A vice-president of a Los Angeles firm that provides temporary executives to nonprofit agencies, she is acutely aware of how Tufts’ regional chapters, now more than 50 around the world, illustrate the growing alumni network. “By increasing the activities of chapters around the country and the world,” she says, “we can offer more opportunities for alumni to stay involved."

Breed’s ties to Tufts have remained intact for four decades. Graduating in 1966 with a degree in sociology, she stayed on for 13 years as assistant director of undergraduate admissions. On the job, she earned a master’s in education. She has been a member of the Alumni Council, the governing body of TUAA, since 1972.

She is a third-generation graduate whose grandfather, Wilfred Ringer, a professor in the Tufts education department, graduated with the Class of 1908 and received an honorary degree in 1951. Her mother, Beth Ringer Moran, graduated in 1932 from Jackson College. Breed’s two uncles, her father’s sister and her husband, and two cousins also graduated from Tufts.

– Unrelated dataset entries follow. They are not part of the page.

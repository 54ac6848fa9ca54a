-- ===== src/Factory/Tracking/Partners.antt =====
-- The list of partners against the flag of each partner.
use tikka_contracts.Prelude.{
  Bool, true, false, not, ◌&&◌, ◌||◌, ◌≡◌, ◌≢◌, refl, List, [], ◌∷◌, ◌++◌, ◌==◌, if◌then◌else◌,
  arith, IsDistinct, All, All-IsDistinct-append,
}
use tikka_contracts.Prelude.Outcome.{ok, Returns, Returns-bind, Returns-ok}
use tikka_contracts.Shared.Types.{Address}
use tikka_contracts.Instance.State.{update}
use tikka_contracts.Factory.State.{Factory, FactoryEnv}
use tikka_contracts.Factory.Tracking.{lists, remove_first, sync_partners, set_whitelist_status}

-- The list has every flagged partner, and each once.
pub record IsPartnerList (flag : Address → Bool) (partners : List Address) : Type 0 where
  pub in_sync : (a : Address) → lists a partners ≡ flag a
  pub distinct : IsDistinct partners

lists-append :
    (a b : Address) (partners : List Address)
    → lists a (partners ++ b ∷ []) ≡ (lists a partners || b == a)
lists-append a b [] = ground arith
lists-append a b (c ∷ partners) = ground (arith, lists-append a b partners)

All-lists :
    (a : Address) (partners : List Address) → lists a partners ≡ false → All (λ b. a ≢ b) partners
All-lists a [] h = tt
All-lists a (c ∷ partners) h = (λ e. ground (arith, h, e), All-lists a partners (ground (arith, h)))

lists-All :
    (a : Address) (partners : List Address) → All (λ b. a ≢ b) partners → lists a partners ≡ false
lists-All a [] h = refl
lists-All a (c ∷ partners) h = ground (arith, h.0, lists-All a partners h.1)

lists-remove_first :
    (a b : Address) (partners : List Address)
    → IsDistinct partners
    → lists a (remove_first b partners) ≡ (lists a partners && not (a == b))
lists-remove_first a b [] h = refl
lists-remove_first a b (c ∷ partners) h =
    ground (arith, lists-remove_first a b partners h.1, lists-All c partners h.0)

All-remove_first :
    (P : Address → Type 0) (b : Address) (partners : List Address)
    → All P partners
    → All P (remove_first b partners)
All-remove_first P b [] h = tt
All-remove_first P b (c ∷ partners) h = kept (c == b) (All-remove_first P b partners h.1)
  where
    kept :
        (t : Bool)
        → All P (remove_first b partners)
        → All P (if t then partners else c ∷ remove_first b partners)
    kept true k = h.1
    kept false k = (h.0, k)

remove_first-IsDistinct :
    (b : Address) (partners : List Address)
    → IsDistinct partners
    → IsDistinct (remove_first b partners)
remove_first-IsDistinct b [] h = tt
remove_first-IsDistinct b (c ∷ partners) h = kept (c == b) (remove_first-IsDistinct b partners h.1)
  where
    kept :
        (t : Bool)
        → IsDistinct (remove_first b partners)
        → IsDistinct (if t then partners else c ∷ remove_first b partners)
    kept true k = h.1
    kept false k = (All-remove_first (λ a. c ≢ a) b partners h.0, k)

sync_partners-IsPartnerList :
    (partner : Address) (status : Bool) (flag : Address → Bool) (partners : List Address)
    → IsPartnerList flag partners
    → IsPartnerList (update flag partner status) (sync_partners partner status partners)
unfolding sync_partners
sync_partners-IsPartnerList partner true flag partners p = added (lists partner partners) refl
  where
    added :
        (t : Bool)
        → lists partner partners ≡ t
        → IsPartnerList
            (update flag partner true)
            (if t then partners else partners ++ partner ∷ [])
    added true e = record { in_sync = λ a. ground (arith, p.in_sync a, e); distinct = p.distinct }
    added false e = record {
      in_sync = λ a. ground (arith, lists-append a partner partners, p.in_sync a, e);
      distinct = All-IsDistinct-append partners partner p.distinct (All-lists partner partners e);
    }
sync_partners-IsPartnerList partner false flag partners p = record {
  in_sync = λ a. ground (arith, lists-remove_first a partner partners p.distinct, p.in_sync a);
  distinct = remove_first-IsDistinct partner partners p.distinct;
}

-- A change of a partner's status that succeeds sets the flag of that partner alone, and keeps the list of
-- partners, each listed once, in step with the flags.
pub set_whitelist_status-IsPartnerList :
    (env : FactoryEnv) (partner : Address) (status : Bool) (s t : Factory)
    → IsPartnerList s.whitelisted_partner s.partners_list
    → set_whitelist_status env partner status s ≡ ok t
    → (t.whitelisted_partner ≡ update s.whitelisted_partner partner status)
      × IsPartnerList t.whitelisted_partner t.partners_list
set_whitelist_status-IsPartnerList env partner status s t p e = sets.at e
  where
    sets :
        Returns
          (λ t.
            (t.whitelisted_partner ≡ update s.whitelisted_partner partner status)
            × IsPartnerList t.whitelisted_partner t.partners_list)
          (set_whitelist_status env partner status s)
    sets =
        unfold set_whitelist_status in
        Returns-bind _ _ (λ admin e. Returns-ok _ (
          refl,
          sync_partners-IsPartnerList partner status s.whitelisted_partner s.partners_list p,
        ))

As the alumni association's top officer, Breed has two main goals. One is to involve more young alumni in the association. “They are the future of the organization,” she says. “As the previous and current leaders choose to step back, the young alumni are our future leaders." The other is to connect with alumni, no matter where they live. Many decades ago, when Tufts was more of a regional university, keeping in touch with distant alumni wasn’t much of a problem. Today, it’s a given that the alumni family circles the globe.

These and other initiatives will require involvement from a lot of alumni, she says. “It’s a team effort. It’s not a job that anybody can do alone. The organization has 16 committees to get things done. As the president, I’m just one person. Everybody has to be involved to make it work effectively.  The alumni association succeeds because a lot of terrific volunteers give time and talent to make it work.”